*Brief*
Under this line are the records; write out word for word the part that begins at the line containing "is_positive non_positive = false" and ends at the line containing "else if seen_id sel.id seen", and no more.

*Exercise data*

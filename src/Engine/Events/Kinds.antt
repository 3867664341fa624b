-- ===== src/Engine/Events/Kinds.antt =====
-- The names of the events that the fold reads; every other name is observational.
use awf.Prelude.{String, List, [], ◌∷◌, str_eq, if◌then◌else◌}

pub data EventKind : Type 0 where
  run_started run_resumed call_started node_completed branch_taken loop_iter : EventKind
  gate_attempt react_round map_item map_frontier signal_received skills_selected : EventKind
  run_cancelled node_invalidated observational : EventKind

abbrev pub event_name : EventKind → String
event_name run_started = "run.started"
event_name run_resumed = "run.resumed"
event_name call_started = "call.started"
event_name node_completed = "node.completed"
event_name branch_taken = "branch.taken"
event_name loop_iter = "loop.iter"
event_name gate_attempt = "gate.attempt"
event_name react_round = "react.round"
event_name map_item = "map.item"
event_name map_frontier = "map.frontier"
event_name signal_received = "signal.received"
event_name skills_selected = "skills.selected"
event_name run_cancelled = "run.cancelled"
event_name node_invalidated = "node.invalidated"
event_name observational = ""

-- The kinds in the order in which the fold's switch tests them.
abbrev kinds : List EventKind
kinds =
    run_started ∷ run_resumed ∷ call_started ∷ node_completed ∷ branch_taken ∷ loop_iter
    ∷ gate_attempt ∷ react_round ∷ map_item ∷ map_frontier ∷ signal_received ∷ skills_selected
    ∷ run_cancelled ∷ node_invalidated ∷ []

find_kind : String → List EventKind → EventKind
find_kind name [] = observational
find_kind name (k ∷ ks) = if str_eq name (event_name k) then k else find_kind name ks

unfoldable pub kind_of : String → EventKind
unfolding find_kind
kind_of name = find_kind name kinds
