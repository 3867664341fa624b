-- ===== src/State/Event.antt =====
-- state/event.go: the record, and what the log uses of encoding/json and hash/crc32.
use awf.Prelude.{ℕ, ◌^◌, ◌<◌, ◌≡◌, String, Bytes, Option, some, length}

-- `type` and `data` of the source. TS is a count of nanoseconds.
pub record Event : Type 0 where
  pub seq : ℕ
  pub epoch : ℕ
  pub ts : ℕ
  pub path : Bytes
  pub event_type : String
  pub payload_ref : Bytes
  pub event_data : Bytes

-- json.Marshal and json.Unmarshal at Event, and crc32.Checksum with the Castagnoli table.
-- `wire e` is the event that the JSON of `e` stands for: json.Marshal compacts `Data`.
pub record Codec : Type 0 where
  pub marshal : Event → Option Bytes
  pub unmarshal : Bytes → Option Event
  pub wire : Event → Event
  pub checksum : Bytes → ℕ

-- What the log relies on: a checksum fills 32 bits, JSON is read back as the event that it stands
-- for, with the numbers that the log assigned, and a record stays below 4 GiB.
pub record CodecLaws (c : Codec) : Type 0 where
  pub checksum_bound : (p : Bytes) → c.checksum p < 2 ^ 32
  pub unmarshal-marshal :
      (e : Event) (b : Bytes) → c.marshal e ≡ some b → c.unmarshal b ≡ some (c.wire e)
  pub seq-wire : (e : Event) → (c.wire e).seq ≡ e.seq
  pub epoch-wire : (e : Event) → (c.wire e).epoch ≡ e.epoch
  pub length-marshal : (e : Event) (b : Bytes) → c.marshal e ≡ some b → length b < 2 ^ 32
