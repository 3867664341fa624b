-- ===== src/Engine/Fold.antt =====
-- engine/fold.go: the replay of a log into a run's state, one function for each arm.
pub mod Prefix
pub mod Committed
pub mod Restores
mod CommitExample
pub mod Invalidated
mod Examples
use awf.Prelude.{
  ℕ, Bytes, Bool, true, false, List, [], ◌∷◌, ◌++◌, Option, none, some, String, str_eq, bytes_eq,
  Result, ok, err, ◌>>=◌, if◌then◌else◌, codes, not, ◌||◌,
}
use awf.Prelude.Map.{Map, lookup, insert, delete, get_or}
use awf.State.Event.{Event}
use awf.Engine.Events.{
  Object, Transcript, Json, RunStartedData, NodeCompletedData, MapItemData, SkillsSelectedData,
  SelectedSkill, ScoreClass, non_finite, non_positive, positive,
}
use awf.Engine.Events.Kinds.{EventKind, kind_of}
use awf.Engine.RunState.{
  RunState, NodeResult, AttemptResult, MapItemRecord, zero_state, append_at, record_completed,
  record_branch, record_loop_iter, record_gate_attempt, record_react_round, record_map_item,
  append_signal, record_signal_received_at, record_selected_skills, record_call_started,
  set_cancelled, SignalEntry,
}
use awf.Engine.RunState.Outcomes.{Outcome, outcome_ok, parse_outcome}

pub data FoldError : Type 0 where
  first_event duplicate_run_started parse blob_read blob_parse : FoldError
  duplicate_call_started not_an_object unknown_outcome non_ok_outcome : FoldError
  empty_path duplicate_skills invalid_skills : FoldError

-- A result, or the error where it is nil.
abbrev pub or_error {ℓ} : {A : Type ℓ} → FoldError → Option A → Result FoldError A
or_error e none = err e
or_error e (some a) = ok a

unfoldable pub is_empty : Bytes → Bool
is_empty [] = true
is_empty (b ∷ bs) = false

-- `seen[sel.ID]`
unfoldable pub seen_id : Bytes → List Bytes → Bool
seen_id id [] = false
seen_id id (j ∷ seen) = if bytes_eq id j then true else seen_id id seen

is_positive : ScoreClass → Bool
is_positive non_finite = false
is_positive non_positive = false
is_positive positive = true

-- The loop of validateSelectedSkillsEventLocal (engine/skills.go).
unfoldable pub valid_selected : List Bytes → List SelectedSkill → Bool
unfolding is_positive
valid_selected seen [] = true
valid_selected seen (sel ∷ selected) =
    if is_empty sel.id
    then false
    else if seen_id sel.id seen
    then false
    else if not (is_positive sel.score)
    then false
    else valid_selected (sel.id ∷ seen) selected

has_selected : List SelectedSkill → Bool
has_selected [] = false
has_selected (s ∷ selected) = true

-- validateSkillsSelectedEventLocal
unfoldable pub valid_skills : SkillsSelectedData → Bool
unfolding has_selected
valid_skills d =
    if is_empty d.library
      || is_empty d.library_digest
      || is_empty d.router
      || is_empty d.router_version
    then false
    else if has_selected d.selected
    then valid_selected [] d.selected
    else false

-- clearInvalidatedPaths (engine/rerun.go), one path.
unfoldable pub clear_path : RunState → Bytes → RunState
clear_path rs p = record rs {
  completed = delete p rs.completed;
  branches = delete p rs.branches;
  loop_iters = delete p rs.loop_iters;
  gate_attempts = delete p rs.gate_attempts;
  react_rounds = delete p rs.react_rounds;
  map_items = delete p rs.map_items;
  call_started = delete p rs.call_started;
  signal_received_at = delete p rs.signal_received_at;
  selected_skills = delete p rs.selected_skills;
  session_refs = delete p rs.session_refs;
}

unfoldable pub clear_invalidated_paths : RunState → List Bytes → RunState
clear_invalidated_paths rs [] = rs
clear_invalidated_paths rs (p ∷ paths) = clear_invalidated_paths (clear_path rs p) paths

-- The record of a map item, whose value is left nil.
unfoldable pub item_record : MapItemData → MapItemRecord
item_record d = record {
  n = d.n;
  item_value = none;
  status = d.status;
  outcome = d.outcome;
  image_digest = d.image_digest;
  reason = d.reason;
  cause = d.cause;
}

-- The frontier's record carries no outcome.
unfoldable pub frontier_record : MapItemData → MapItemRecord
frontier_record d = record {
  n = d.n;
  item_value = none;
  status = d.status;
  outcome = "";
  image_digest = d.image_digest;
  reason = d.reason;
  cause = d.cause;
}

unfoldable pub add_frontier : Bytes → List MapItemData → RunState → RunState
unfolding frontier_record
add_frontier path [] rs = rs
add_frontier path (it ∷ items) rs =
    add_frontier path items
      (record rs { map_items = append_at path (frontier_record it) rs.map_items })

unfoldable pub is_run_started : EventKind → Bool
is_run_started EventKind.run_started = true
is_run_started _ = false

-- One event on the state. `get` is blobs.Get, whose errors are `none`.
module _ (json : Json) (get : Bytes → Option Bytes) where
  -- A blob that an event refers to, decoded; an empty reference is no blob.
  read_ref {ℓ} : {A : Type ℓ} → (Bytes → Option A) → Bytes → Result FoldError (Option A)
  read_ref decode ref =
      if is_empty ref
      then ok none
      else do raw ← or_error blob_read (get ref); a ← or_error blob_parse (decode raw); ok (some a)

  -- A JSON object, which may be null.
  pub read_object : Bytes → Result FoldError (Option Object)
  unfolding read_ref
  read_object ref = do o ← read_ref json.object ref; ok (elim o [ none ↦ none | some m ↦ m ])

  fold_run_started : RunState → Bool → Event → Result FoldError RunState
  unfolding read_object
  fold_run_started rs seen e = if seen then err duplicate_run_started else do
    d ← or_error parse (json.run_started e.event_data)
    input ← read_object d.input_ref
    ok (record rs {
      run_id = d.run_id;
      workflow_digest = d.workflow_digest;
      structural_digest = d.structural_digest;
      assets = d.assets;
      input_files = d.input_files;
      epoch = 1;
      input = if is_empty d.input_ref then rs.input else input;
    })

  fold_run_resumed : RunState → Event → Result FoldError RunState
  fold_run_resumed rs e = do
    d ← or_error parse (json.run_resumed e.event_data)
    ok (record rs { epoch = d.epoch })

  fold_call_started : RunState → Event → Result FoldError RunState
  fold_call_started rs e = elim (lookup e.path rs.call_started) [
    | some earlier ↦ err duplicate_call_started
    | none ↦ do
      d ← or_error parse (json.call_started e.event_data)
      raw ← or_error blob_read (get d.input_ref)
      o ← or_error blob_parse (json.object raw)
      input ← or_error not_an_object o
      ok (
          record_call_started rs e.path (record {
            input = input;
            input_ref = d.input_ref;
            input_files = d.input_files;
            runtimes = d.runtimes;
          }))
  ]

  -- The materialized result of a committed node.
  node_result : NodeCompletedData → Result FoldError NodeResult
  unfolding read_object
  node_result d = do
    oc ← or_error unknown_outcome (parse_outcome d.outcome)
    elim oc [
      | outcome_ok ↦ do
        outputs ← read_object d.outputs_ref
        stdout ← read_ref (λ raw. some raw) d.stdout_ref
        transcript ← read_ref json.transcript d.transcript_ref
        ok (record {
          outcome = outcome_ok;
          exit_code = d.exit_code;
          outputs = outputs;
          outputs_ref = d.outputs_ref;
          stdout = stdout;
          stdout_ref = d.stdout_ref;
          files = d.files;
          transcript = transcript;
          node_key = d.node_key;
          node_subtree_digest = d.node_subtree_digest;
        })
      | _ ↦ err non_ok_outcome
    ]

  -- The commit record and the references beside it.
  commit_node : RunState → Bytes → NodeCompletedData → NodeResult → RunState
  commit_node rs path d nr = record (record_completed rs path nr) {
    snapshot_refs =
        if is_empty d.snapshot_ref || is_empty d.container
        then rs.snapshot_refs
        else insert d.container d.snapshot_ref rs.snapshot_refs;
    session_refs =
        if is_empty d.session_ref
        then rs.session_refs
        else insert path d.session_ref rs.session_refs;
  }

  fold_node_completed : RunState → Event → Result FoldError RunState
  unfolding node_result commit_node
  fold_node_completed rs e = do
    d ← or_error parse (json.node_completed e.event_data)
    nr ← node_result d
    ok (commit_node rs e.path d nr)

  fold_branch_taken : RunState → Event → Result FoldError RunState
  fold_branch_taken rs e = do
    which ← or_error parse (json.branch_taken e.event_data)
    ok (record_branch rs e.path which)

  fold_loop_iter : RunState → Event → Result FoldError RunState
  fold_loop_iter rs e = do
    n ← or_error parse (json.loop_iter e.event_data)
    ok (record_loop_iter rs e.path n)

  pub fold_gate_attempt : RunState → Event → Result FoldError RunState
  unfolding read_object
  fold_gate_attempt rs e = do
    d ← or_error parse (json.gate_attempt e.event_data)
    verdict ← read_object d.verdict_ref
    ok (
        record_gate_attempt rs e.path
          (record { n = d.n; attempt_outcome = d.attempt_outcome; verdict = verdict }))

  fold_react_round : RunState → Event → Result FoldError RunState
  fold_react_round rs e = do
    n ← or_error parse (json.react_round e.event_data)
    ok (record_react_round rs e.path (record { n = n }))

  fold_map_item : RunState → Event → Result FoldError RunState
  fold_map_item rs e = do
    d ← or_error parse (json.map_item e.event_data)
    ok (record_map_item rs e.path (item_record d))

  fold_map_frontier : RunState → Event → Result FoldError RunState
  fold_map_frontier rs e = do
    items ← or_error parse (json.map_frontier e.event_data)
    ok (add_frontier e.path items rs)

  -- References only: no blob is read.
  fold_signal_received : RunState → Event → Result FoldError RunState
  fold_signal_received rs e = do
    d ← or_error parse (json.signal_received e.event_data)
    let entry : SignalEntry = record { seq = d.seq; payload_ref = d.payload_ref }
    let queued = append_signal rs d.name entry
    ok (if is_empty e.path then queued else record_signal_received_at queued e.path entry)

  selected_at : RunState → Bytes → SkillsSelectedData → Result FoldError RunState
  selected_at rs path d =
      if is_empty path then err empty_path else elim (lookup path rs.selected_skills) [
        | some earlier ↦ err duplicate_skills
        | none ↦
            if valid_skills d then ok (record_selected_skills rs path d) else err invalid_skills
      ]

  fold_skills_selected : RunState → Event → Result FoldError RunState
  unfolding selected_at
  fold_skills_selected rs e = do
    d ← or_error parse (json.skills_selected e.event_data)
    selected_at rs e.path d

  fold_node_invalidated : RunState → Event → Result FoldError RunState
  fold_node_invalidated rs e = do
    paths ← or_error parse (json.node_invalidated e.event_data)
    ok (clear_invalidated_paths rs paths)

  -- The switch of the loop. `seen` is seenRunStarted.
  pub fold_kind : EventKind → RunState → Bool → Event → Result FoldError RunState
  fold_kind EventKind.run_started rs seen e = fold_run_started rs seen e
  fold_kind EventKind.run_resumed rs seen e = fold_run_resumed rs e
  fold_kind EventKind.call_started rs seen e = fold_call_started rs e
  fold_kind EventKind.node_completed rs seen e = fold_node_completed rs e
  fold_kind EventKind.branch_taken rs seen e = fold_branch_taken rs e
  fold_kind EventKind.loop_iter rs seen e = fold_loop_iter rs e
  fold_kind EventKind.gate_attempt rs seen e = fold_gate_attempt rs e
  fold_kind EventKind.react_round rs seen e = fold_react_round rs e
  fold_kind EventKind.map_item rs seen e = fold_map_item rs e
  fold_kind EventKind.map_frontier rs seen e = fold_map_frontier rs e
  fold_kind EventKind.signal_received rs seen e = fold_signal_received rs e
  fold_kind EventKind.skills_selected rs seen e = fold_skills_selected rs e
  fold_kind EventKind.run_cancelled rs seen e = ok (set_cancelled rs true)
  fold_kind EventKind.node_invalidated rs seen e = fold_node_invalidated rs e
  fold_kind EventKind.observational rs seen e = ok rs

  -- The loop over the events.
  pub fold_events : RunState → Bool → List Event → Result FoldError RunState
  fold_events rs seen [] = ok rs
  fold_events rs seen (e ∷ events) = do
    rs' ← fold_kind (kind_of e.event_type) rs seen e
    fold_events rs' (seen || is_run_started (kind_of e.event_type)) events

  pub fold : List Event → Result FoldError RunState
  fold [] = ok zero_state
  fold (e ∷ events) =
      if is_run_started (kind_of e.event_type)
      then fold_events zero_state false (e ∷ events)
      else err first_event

---

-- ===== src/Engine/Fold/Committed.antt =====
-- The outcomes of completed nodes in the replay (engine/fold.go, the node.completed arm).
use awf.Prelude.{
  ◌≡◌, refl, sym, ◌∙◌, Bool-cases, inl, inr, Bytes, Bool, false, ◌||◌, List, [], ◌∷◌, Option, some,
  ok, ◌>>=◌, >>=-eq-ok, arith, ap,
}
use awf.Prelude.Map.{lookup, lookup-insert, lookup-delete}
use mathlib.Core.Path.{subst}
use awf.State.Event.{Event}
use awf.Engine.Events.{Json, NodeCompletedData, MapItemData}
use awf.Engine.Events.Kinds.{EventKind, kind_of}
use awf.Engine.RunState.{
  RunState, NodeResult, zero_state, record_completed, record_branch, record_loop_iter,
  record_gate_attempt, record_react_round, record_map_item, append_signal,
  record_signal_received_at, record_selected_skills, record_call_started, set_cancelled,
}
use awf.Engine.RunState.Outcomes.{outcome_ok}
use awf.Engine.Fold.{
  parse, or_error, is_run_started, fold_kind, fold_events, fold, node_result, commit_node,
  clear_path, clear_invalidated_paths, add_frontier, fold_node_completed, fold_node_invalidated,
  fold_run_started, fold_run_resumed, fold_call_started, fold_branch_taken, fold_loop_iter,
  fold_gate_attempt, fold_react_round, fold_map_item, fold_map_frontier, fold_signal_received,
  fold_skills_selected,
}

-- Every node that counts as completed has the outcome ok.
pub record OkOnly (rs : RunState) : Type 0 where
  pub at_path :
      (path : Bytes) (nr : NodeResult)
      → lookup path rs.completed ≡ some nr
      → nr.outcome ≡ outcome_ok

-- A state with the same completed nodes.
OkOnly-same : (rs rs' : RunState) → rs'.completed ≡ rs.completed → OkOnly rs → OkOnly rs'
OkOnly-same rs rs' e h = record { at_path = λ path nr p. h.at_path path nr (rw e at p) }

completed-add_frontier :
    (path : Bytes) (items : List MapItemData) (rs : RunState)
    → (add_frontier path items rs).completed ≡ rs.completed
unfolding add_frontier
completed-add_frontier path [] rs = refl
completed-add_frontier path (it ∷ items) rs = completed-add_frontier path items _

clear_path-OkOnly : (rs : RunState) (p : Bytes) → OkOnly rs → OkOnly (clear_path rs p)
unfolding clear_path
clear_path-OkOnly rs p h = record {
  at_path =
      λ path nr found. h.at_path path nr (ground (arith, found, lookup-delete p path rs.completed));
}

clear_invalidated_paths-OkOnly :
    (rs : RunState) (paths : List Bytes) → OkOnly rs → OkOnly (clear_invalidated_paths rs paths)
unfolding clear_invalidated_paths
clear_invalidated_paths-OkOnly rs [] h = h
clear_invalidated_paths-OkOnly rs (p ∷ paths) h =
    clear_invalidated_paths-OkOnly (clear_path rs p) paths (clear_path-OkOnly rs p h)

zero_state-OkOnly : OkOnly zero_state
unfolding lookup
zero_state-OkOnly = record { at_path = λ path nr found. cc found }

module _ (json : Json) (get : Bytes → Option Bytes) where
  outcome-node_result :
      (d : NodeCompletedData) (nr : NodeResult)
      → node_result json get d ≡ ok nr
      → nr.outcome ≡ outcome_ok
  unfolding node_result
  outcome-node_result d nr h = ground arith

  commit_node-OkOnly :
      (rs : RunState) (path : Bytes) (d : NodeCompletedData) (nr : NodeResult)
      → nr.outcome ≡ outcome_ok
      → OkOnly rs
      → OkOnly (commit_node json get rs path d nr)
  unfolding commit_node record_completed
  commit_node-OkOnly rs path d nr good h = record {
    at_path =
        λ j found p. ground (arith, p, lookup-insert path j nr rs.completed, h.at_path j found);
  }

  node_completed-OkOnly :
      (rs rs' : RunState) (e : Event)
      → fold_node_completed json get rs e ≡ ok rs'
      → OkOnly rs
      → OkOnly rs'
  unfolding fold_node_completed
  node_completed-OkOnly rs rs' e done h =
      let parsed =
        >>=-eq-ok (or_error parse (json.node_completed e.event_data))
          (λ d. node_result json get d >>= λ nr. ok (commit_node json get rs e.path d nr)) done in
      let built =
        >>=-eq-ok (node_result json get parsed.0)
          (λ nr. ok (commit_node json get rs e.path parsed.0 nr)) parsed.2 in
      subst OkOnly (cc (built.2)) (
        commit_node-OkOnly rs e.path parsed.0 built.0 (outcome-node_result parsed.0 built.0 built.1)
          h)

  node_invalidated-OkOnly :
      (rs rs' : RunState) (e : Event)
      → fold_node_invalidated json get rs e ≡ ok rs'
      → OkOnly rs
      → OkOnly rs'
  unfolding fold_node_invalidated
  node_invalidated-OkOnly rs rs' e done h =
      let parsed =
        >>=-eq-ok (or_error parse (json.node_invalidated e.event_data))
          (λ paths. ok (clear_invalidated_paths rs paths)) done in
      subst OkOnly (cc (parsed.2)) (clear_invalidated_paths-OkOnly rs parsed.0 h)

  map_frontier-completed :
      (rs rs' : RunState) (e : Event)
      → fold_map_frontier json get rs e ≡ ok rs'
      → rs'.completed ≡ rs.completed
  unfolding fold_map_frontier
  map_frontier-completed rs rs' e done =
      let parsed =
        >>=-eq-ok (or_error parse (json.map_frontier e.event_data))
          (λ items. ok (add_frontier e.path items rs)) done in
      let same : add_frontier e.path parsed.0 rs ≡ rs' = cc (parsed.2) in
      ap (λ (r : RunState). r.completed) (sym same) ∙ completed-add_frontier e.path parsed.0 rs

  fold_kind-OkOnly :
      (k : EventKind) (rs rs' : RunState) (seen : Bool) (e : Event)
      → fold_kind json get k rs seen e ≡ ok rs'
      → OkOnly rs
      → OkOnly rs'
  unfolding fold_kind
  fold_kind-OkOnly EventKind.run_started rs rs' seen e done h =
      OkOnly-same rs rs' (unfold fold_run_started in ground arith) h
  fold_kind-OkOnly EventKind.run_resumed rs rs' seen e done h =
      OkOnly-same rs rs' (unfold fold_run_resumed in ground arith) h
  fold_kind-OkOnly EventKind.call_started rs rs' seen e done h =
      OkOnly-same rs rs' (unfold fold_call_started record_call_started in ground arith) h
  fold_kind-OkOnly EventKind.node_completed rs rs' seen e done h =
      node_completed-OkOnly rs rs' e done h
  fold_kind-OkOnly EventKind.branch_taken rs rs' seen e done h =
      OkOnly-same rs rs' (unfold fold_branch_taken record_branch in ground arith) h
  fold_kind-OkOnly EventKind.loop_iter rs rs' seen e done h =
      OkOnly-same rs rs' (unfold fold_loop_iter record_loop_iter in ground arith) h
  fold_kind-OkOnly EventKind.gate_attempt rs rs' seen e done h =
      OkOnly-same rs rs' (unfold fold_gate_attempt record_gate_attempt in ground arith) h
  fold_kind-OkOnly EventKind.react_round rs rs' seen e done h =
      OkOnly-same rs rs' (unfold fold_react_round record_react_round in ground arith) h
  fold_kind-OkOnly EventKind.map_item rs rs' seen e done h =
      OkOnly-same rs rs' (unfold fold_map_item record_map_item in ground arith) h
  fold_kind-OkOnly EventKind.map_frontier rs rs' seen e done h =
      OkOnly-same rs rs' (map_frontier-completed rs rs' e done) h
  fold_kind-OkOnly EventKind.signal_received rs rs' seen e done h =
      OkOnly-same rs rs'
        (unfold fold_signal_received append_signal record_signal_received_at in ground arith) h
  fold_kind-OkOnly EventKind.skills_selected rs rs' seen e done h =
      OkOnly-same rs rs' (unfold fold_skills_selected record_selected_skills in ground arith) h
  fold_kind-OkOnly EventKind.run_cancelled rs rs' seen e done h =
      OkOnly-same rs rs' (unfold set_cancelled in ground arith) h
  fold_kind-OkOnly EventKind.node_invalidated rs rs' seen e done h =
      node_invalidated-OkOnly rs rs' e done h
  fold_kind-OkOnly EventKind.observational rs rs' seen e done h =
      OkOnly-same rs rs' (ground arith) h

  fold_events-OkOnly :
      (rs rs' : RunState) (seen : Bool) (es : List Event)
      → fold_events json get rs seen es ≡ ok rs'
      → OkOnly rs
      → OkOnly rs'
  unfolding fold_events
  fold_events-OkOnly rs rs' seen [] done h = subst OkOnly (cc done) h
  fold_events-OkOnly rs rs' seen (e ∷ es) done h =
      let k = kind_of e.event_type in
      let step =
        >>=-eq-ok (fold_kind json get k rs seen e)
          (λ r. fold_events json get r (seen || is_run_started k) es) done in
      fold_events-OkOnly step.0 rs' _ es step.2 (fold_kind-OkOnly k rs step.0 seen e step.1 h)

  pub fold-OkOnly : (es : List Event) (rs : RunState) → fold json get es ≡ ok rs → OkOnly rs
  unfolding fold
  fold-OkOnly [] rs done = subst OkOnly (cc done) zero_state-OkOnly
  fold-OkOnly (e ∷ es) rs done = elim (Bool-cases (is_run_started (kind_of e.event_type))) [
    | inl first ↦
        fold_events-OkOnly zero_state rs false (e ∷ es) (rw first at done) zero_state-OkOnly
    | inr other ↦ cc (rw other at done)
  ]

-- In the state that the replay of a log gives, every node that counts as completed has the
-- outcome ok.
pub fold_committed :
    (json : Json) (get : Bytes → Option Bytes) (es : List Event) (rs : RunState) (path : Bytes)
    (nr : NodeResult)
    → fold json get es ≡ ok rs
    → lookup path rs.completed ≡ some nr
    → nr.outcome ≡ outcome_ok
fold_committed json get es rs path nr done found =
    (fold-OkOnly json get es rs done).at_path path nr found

*Task solution*
is_positive non_positive = false
is_positive positive = true

-- The loop of validateSelectedSkillsEventLocal (engine/skills.go).
unfoldable pub valid_selected : List Bytes → List SelectedSkill → Bool
unfolding is_positive
valid_selected seen [] = true
valid_selected seen (sel ∷ selected) =
    if is_empty sel.id
    then false
    else if seen_id sel.id seen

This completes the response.